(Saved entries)
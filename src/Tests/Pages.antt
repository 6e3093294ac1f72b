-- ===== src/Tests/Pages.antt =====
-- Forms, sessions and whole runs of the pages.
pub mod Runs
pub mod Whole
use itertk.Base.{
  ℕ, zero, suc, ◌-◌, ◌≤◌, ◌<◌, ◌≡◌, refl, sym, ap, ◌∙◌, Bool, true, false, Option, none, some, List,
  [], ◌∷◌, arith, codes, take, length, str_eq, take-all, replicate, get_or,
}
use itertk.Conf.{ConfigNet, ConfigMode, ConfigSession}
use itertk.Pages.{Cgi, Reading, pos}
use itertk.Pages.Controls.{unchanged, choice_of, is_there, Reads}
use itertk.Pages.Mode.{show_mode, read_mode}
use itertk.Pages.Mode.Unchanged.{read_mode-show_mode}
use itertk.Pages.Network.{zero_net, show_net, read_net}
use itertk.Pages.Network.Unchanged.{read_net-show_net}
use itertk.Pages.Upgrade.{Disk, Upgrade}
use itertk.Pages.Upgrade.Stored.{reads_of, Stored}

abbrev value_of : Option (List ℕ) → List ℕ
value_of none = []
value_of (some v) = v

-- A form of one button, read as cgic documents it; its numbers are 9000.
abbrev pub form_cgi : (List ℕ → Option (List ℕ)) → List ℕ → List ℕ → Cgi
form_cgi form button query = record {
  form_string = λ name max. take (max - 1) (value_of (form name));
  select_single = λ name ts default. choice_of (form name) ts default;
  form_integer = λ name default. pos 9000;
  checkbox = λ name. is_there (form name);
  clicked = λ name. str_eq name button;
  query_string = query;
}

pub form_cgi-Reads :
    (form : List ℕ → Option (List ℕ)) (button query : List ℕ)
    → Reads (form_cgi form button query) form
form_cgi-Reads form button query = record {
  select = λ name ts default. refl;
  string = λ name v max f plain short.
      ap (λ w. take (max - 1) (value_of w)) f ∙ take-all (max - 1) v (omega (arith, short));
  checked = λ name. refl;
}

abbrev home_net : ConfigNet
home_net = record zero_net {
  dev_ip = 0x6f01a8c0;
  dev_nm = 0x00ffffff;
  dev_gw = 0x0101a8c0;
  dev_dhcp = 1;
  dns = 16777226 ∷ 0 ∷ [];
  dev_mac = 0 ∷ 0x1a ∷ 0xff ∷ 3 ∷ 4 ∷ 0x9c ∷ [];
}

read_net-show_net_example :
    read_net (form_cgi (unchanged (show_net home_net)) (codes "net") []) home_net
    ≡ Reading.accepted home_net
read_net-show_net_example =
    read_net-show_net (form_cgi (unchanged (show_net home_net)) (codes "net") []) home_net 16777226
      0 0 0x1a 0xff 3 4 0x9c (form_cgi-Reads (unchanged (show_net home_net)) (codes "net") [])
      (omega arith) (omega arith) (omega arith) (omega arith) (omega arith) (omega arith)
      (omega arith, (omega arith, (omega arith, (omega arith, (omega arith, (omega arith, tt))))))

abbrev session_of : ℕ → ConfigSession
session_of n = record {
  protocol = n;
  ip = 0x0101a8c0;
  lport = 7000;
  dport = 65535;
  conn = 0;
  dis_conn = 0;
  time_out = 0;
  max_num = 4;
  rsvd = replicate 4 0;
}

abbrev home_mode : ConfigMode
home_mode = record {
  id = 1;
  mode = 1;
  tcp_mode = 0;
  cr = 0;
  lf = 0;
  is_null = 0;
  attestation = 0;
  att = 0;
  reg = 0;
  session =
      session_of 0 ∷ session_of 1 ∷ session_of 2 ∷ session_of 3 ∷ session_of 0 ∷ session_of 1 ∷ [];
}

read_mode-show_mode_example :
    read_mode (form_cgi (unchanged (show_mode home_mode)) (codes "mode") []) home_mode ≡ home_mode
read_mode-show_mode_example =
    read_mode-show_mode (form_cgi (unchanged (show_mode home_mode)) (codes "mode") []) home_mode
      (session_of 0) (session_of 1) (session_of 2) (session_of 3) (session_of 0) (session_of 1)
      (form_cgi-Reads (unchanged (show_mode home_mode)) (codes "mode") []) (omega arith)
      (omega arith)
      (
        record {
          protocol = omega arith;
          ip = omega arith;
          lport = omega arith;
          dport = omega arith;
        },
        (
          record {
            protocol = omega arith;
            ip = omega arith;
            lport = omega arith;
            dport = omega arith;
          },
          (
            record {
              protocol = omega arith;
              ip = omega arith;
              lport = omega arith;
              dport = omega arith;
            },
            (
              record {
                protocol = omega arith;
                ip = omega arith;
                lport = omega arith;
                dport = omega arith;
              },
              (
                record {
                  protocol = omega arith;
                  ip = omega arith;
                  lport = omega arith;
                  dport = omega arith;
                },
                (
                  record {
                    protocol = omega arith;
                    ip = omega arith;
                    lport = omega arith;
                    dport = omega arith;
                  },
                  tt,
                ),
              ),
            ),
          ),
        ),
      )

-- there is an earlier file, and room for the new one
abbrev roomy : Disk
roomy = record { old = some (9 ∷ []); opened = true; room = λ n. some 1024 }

Exercise objective |
Every line holding the string "default" should be copied here, so please find those lines in the data.

Task output |
  select_single = λ name ts default. choice_of (form name) ts default;
  form_integer = λ name default. pos 9000;
  select = λ name ts default. refl;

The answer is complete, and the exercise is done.